PROBLEM DESCRIPTION: Please output the whole listing below exactly as it is.

DATASET RECORDS:
'''
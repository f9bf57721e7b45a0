-- ===== src/Psi/Transport/Delivery.antt =====
-- `sec2ts::section` at one end of a transport stream and `psi_extractor::ts_packet` at the other.
use mathlib.Core.Path.{subst}
use mopa.Base.{
  ℕ, zero, suc, ◌+◌, ◌<◌, ◌≤◌, ◌≡◌, refl, sym, ap, ◌∙◌, arith, none, List, [], ◌∷◌, ◌++◌, true,
  false, length, drop, set, ltb, append-nil, length-append, length-drop, length-set, length-take,
  take, u8, sub32, if_elim, lt→leb, ltb→lt, ltb→le,
}
use mopa.Psi.Extractor.{Memcpy, wait_start, Extractor, Sections}
use mopa.Psi.Extractor.Whole.{join}
use mopa.Psi.Transport.Lengths.{
  alone_copies, part_copies, CopiesInPlace, IsSent, AllSent, none_sent,
}
use mopa.Psi.Packetizer.{Packetizer, finished, more, adaptation, fill_begun}
use mopa.Psi.Packetizer.Copying.{copied}
use mopa.Psi.Transport.Arrival.{Awaits, starts, continues}
use mopa.Psi.Transport.Link.{Fits, Begun, Delivers}
use mopa.Psi.Transport.Layout.{set_first}
use mopa.Psi.Transport.Rounds.{Resumes, fills_lem}
use mopa.Psi.Transport.Copying.{fits_lem}

module _ ⦃m : Memcpy⦄ ⦃place : CopiesInPlace⦄ {S : Type 0} where
  -- The rest of a section.
  pub rest_lem :
      (fuel : ℕ) (s bytes : List ℕ) (c : Packetizer S) (e : Extractor)
      → length bytes < fuel
      → Resumes c e s bytes
      → Delivers (more none fuel true bytes c) e (s ∷ [])
  unfolding more adaptation join copied
  rest_lem zero s bytes c e h x = absurd (omega arith)
  rest_lem (suc fuel) s bytes c e h x =
      let short : length e.content ≤ e.max_section_size =
        omega (arith, ap length x.whole, length-append e.content bytes, x.one.small) in
      let c' : Packetizer S = record c { payload_start = 4; payload_end = 4 } in
      let b : Begun c' e (join [] ++ e.content) = record {
        start = refl;
        pointer = [];
        kept = e.content;
        body = [];
        free = drop 4 c.packet;
        laid_out = refl;
        end_is = refl;
        some_room = omega (arith, x.fits.size, length-drop 4 c.packet);
        awaits =
            subst (λ p. Awaits e p [] c.cc e.content) (sym x.unset)
              (continues x.waits x.in_turn short);
        so_far = append-nil e.content;
      } in
      let fits' : Fits c' = record {
        size = x.fits.size;
        pid_fits = x.fits.pid_fits;
        cc_fits = x.fits.cc_fits;
      } in
      let room : length b.free ≡ 184 = omega (arith, x.fits.size, length-drop 4 c.packet) in
      if_elim (λ r. Delivers {S = S} r e (s ∷ [])) (ltb (length bytes) 184) _ _
        (λ few.
          fits_lem c' e [] s e.content bytes fits' x.set none_sent x.one b x.whole
            (omega (arith, room, ltb→lt _ _ few)))
        (λ many.
          fills_lem (λ d. d.pusi) (λ d. d.payload_end) 184 c' e [] s e.content bytes
            (λ d. more none fuel true (drop 184 bytes) (finished d)) fits' x.set none_sent x.one b
            refl x.whole (sym room) (ltb→le _ _ many) (alone_copies (e.content ++ take 184 bytes))
            (λ d peer resumes.
              rest_lem fuel s (drop 184 bytes) (finished d) peer
                (omega (arith, length-drop 184 bytes, ltb→le _ _ many)) resumes))

  -- A section while no packet is begun.
  pub first_lem :
      (fuel : ℕ) (s : List ℕ) (c : Packetizer S) (e : Extractor)
      → length s < fuel
      → Fits c
      → e.callback_set ≡ true
      → e.state ≡ wait_start
      → IsSent e.max_section_size s
      → Delivers (more none fuel false s c) e (s ∷ [])
  unfolding more adaptation join copied
  first_lem zero s c e h fits set waits one = absurd (omega arith)
  first_lem (suc fuel) s c e h fits set' waits one =
      let c' : Packetizer S = record c {
        packet = set c.packet 4 0;
        pusi = true;
        payload_start = 4;
        payload_end = 5;
      } in
      let size : length (set c.packet 4 0) ≡ 188 = length-set c.packet 4 0 ∙ fits.size in
      let b : Begun c' e (join [] ++ []) = record {
        start = refl;
        pointer = 0 ∷ [];
        kept = [];
        body = [];
        free = drop 5 c.packet;
        laid_out = set_first c.packet 0 (omega (arith, fits.size));
        end_is = refl;
        some_room = omega (arith, fits.size, length-drop 5 c.packet);
        awaits = starts waits;
        so_far = refl;
      } in
      let fits' : Fits c' = record {
        size = size;
        pid_fits = fits.pid_fits;
        cc_fits = fits.cc_fits;
      } in
      let room : length b.free ≡ 183 = omega (arith, fits.size, length-drop 5 c.packet) in
      rw (lt→leb (length c.packet) 4 (omega (arith, fits.size))) (
        if_elim (λ r. Delivers {S = S} r e (s ∷ [])) (ltb (length s) 183) _ _
          (λ few.
            fits_lem c' e [] s [] s fits' set' none_sent one b refl
              (omega (arith, room, ltb→lt _ _ few)))
          (λ many.
            fills_lem (λ d. d.pusi) (λ d. d.payload_end) 183 c' e [] s [] s
              (λ d. more none fuel true (drop 183 s) (finished d)) fits' set' none_sent one b refl
              refl (sym room) (ltb→le _ _ many) (alone_copies (take 183 s))
              (λ d peer resumes.
                rest_lem fuel s (drop 183 s) (finished d) peer
                  (omega (arith, length-drop 183 s, ltb→le _ _ many)) resumes)))

  pub room_left :
      (c : Packetizer S) (e : Extractor) (sent : List ℕ)
      → Fits c
      → (b : Begun c e sent) → length b.free + c.payload_end ≡ 188
  room_left c e sent fits b = omega (
    arith,
    b.end_is,
    ap length b.laid_out,
    length-drop 4 c.packet,
    fits.size,
    length-append (b.pointer ++ b.body) b.free,
  )

  -- A section behind others in a packet that has a pointer field.
  pub behind_lem :
      (fuel : ℕ) (s : List ℕ) (c : Packetizer S) (e : Extractor) (pending : Sections)
      → length s < fuel
      → Fits c
      → e.callback_set ≡ true
      → AllSent e.max_section_size pending
      → IsSent e.max_section_size s
      → c.pusi ≡ true
      → Begun c e (join pending)
      → Delivers (fill_begun none fuel s c) e (pending ++ s ∷ [])
  unfolding fill_begun
  behind_lem fuel s c e pending h fits set all one pointed b' =
      let b : Begun c e (join pending ++ []) =
        subst (Begun c e) (sym (append-nil (join pending))) b' in
      let room = room_left c e _ fits b in
      let rem = sub32 188 c.payload_end in
      let rem_is : rem ≡ length b.free = omega (arith, room) in
      if_elim (λ r. Delivers {S = S} r e (pending ++ s ∷ [])) (ltb (length s) rem) _ _
        (λ few. fits_lem c e pending s [] s fits set all one b refl (omega (arith, ltb→lt _ _ few)))
        (λ many.
          fills_lem (λ _. true) (λ d. u8 (d.payload_end + rem)) rem c e pending s [] s
            (λ d. more none fuel true (drop rem s) (finished d)) fits set all one b pointed refl
            rem_is (ltb→le _ _ many)
            (part_copies pending (take rem s) all
              (omega (arith, length-take rem s, room, b.end_is)))
            (λ d peer resumes.
              rest_lem fuel s (drop rem s) (finished d) peer (omega (arith, length-drop rem s))
                resumes))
'''
SOLUTION TO THE EXERCISE:
repository f9bf57721e7b45a0
-- ===== src/Psi/Transport/Delivery.antt =====
-- `sec2ts::section` at one end of a transport stream and `psi_extractor::ts_packet` at the other.
use mathlib.Core.Path.{subst}
use mopa.Base.{
  ℕ, zero, suc, ◌+◌, ◌<◌, ◌≤◌, ◌≡◌, refl, sym, ap, ◌∙◌, arith, none, List, [], ◌∷◌, ◌++◌, true,
  false, length, drop, set, ltb, append-nil, length-append, length-drop, length-set, length-take,
  take, u8, sub32, if_elim, lt→leb, ltb→lt, ltb→le,
}
use mopa.Psi.Extractor.{Memcpy, wait_start, Extractor, Sections}
use mopa.Psi.Extractor.Whole.{join}
use mopa.Psi.Transport.Lengths.{
  alone_copies, part_copies, CopiesInPlace, IsSent, AllSent, none_sent,
}
use mopa.Psi.Packetizer.{Packetizer, finished, more, adaptation, fill_begun}
use mopa.Psi.Packetizer.Copying.{copied}
use mopa.Psi.Transport.Arrival.{Awaits, starts, continues}
use mopa.Psi.Transport.Link.{Fits, Begun, Delivers}
use mopa.Psi.Transport.Layout.{set_first}
use mopa.Psi.Transport.Rounds.{Resumes, fills_lem}
use mopa.Psi.Transport.Copying.{fits_lem}

module _ ⦃m : Memcpy⦄ ⦃place : CopiesInPlace⦄ {S : Type 0} where
  -- The rest of a section.
  pub rest_lem :
      (fuel : ℕ) (s bytes : List ℕ) (c : Packetizer S) (e : Extractor)
      → length bytes < fuel
      → Resumes c e s bytes
      → Delivers (more none fuel true bytes c) e (s ∷ [])
  unfolding more adaptation join copied
  rest_lem zero s bytes c e h x = absurd (omega arith)
  rest_lem (suc fuel) s bytes c e h x =
      let short : length e.content ≤ e.max_section_size =
        omega (arith, ap length x.whole, length-append e.content bytes, x.one.small) in
      let c' : Packetizer S = record c { payload_start = 4; payload_end = 4 } in
      let b : Begun c' e (join [] ++ e.content) = record {
        start = refl;
        pointer = [];
        kept = e.content;
        body = [];
        free = drop 4 c.packet;
        laid_out = refl;
        end_is = refl;
        some_room = omega (arith, x.fits.size, length-drop 4 c.packet);
        awaits =
            subst (λ p. Awaits e p [] c.cc e.content) (sym x.unset)
              (continues x.waits x.in_turn short);
        so_far = append-nil e.content;
      } in
      let fits' : Fits c' = record {
        size = x.fits.size;
        pid_fits = x.fits.pid_fits;
        cc_fits = x.fits.cc_fits;
      } in
      let room : length b.free ≡ 184 = omega (arith, x.fits.size, length-drop 4 c.packet) in
      if_elim (λ r. Delivers {S = S} r e (s ∷ [])) (ltb (length bytes) 184) _ _
        (λ few.
          fits_lem c' e [] s e.content bytes fits' x.set none_sent x.one b x.whole
            (omega (arith, room, ltb→lt _ _ few)))
        (λ many.
          fills_lem (λ d. d.pusi) (λ d. d.payload_end) 184 c' e [] s e.content bytes
            (λ d. more none fuel true (drop 184 bytes) (finished d)) fits' x.set none_sent x.one b
            refl x.whole (sym room) (ltb→le _ _ many) (alone_copies (e.content ++ take 184 bytes))
            (λ d peer resumes.
              rest_lem fuel s (drop 184 bytes) (finished d) peer
                (omega (arith, length-drop 184 bytes, ltb→le _ _ many)) resumes))

  -- A section while no packet is begun.
  pub first_lem :
      (fuel : ℕ) (s : List ℕ) (c : Packetizer S) (e : Extractor)
      → length s < fuel
      → Fits c
      → e.callback_set ≡ true
      → e.state ≡ wait_start
      → IsSent e.max_section_size s
      → Delivers (more none fuel false s c) e (s ∷ [])
  unfolding more adaptation join copied
  first_lem zero s c e h fits set waits one = absurd (omega arith)
  first_lem (suc fuel) s c e h fits set' waits one =
      let c' : Packetizer S = record c {
        packet = set c.packet 4 0;
        pusi = true;
        payload_start = 4;
        payload_end = 5;
      } in
      let size : length (set c.packet 4 0) ≡ 188 = length-set c.packet 4 0 ∙ fits.size in
      let b : Begun c' e (join [] ++ []) = record {
        start = refl;
        pointer = 0 ∷ [];
        kept = [];
        body = [];
        free = drop 5 c.packet;
        laid_out = set_first c.packet 0 (omega (arith, fits.size));
        end_is = refl;
        some_room = omega (arith, fits.size, length-drop 5 c.packet);
        awaits = starts waits;
        so_far = refl;
      } in
      let fits' : Fits c' = record {
        size = size;
        pid_fits = fits.pid_fits;
        cc_fits = fits.cc_fits;
      } in
      let room : length b.free ≡ 183 = omega (arith, fits.size, length-drop 5 c.packet) in
      rw (lt→leb (length c.packet) 4 (omega (arith, fits.size))) (
        if_elim (λ r. Delivers {S = S} r e (s ∷ [])) (ltb (length s) 183) _ _
          (λ few.
            fits_lem c' e [] s [] s fits' set' none_sent one b refl
              (omega (arith, room, ltb→lt _ _ few)))
          (λ many.
            fills_lem (λ d. d.pusi) (λ d. d.payload_end) 183 c' e [] s [] s
              (λ d. more none fuel true (drop 183 s) (finished d)) fits' set' none_sent one b refl
              refl (sym room) (ltb→le _ _ many) (alone_copies (take 183 s))
              (λ d peer resumes.
                rest_lem fuel s (drop 183 s) (finished d) peer
                  (omega (arith, length-drop 183 s, ltb→le _ _ many)) resumes)))

  pub room_left :
      (c : Packetizer S) (e : Extractor) (sent : List ℕ)
      → Fits c
      → (b : Begun c e sent) → length b.free + c.payload_end ≡ 188
  room_left c e sent fits b = omega (
    arith,
    b.end_is,
    ap length b.laid_out,
    length-drop 4 c.packet,
    fits.size,
    length-append (b.pointer ++ b.body) b.free,
  )

  -- A section behind others in a packet that has a pointer field.
  pub behind_lem :
      (fuel : ℕ) (s : List ℕ) (c : Packetizer S) (e : Extractor) (pending : Sections)
      → length s < fuel
      → Fits c
      → e.callback_set ≡ true
      → AllSent e.max_section_size pending
      → IsSent e.max_section_size s
      → c.pusi ≡ true
      → Begun c e (join pending)
      → Delivers (fill_begun none fuel s c) e (pending ++ s ∷ [])
  unfolding fill_begun
  behind_lem fuel s c e pending h fits set all one pointed b' =
      let b : Begun c e (join pending ++ []) =
        subst (Begun c e) (sym (append-nil (join pending))) b' in
      let room = room_left c e _ fits b in
      let rem = sub32 188 c.payload_end in
      let rem_is : rem ≡ length b.free = omega (arith, room) in
      if_elim (λ r. Delivers {S = S} r e (pending ++ s ∷ [])) (ltb (length s) rem) _ _
        (λ few. fits_lem c e pending s [] s fits set all one b refl (omega (arith, ltb→lt _ _ few)))
        (λ many.
          fills_lem (λ _. true) (λ d. u8 (d.payload_end + rem)) rem c e pending s [] s
            (λ d. more none fuel true (drop rem s) (finished d)) fits set all one b pointed refl
            rem_is (ltb→le _ _ many)
            (part_copies pending (take rem s) all
              (omega (arith, length-take rem s, room, b.end_is)))
            (λ d peer resumes.
              rest_lem fuel s (drop rem s) (finished d) peer (omega (arith, length-drop rem s))
                resumes))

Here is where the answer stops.